* Requirement
Lines of the listing below that contain the string "ground" are to be returned.

* Data section

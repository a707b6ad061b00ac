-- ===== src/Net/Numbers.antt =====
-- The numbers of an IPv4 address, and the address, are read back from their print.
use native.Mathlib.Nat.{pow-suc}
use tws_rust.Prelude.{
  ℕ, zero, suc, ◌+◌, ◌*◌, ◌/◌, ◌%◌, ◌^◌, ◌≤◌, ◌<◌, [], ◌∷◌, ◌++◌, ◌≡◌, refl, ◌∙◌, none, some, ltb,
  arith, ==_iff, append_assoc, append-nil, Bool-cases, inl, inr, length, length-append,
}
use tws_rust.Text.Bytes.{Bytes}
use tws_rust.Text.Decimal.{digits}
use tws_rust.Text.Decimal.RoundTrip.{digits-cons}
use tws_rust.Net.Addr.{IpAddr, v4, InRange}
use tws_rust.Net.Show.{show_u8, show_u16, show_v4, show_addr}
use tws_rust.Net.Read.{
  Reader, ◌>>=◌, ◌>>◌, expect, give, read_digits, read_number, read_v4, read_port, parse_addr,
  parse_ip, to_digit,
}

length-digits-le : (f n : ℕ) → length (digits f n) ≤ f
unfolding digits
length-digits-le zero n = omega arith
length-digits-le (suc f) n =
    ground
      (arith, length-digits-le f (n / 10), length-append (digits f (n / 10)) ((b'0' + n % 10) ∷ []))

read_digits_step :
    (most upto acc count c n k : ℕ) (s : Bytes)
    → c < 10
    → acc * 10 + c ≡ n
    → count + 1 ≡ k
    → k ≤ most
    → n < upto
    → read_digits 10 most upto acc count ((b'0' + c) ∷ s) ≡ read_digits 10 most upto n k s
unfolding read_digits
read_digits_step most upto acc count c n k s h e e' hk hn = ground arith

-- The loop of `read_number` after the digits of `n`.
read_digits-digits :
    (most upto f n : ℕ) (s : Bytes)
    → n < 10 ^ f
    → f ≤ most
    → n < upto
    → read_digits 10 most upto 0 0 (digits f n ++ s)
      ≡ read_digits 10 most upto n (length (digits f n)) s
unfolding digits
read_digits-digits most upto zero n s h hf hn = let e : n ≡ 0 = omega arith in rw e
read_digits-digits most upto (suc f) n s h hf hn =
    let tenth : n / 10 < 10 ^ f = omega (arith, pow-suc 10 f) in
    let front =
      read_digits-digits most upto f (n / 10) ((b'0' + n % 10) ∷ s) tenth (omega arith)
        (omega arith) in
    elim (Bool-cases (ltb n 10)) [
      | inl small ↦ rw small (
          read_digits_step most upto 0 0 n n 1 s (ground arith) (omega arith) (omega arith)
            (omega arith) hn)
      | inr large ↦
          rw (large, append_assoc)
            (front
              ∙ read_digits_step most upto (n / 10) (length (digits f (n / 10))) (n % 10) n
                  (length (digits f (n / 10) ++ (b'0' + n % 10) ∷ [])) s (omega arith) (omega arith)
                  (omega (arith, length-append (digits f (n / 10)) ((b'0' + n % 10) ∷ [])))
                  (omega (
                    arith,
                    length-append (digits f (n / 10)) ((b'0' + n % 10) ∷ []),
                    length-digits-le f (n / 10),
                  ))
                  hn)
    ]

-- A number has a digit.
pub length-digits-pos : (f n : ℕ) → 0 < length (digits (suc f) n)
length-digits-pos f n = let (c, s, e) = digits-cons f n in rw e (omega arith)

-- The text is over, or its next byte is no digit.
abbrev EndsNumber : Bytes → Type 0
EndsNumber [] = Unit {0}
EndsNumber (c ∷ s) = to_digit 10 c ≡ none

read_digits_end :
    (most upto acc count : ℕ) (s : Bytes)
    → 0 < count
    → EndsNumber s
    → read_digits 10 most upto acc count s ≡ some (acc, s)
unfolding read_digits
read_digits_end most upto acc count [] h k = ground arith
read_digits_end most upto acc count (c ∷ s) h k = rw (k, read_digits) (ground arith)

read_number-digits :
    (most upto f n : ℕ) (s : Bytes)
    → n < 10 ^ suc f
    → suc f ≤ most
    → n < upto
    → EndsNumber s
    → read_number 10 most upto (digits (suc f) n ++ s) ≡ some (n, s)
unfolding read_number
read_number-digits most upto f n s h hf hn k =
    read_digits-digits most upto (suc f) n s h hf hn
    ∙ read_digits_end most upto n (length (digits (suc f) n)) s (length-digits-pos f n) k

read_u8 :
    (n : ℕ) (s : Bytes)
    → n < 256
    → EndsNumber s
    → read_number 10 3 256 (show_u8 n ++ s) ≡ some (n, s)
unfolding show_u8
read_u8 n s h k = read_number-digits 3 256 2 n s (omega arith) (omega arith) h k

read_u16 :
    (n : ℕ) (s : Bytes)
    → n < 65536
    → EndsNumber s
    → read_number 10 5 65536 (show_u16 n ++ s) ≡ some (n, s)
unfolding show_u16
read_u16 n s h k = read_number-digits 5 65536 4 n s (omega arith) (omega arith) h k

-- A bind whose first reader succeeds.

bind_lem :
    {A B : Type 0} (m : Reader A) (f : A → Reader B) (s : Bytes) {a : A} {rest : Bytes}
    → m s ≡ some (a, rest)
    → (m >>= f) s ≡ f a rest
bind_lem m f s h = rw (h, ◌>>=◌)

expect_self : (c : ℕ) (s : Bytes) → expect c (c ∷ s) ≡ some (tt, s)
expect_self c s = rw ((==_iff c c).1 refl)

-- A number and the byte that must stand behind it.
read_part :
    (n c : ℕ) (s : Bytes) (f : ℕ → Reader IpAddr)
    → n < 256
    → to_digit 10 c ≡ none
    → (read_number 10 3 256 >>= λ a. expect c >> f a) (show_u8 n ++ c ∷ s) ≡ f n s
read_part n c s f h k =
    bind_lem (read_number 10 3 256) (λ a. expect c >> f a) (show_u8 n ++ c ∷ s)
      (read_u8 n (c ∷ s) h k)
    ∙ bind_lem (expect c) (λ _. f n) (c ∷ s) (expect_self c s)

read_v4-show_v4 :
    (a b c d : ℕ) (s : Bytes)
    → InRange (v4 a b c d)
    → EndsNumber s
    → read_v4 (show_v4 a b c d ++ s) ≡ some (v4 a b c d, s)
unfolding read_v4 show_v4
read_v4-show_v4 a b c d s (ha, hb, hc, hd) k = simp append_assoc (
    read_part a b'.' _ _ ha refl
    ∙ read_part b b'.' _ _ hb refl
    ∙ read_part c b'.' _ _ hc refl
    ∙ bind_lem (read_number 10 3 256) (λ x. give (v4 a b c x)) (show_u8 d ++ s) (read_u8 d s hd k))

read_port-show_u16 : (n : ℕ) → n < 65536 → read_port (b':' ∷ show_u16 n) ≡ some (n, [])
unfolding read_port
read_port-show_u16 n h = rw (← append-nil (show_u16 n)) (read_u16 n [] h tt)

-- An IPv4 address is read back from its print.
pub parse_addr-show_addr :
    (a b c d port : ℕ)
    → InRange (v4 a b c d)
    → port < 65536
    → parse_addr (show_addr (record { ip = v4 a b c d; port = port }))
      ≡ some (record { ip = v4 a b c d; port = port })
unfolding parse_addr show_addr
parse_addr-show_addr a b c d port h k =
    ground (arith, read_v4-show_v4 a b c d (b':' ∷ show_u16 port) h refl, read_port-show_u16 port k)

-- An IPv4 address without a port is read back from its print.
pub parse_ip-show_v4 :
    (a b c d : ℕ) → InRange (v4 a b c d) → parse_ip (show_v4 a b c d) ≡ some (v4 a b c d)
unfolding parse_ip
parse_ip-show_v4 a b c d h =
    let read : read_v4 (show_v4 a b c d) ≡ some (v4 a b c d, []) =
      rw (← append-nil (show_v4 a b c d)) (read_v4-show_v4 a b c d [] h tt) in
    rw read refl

* Reply to the task
    ground
read_digits_step most upto acc count c n k s h e e' hk hn = ground arith
          read_digits_step most upto 0 0 n n 1 s (ground arith) (omega arith) (omega arith)
read_digits_end most upto acc count [] h k = ground arith
read_digits_end most upto acc count (c ∷ s) h k = rw (k, read_digits) (ground arith)
    ground (arith, read_v4-show_v4 a b c d (b':' ∷ show_u16 port) h refl, read_port-show_u16 port k)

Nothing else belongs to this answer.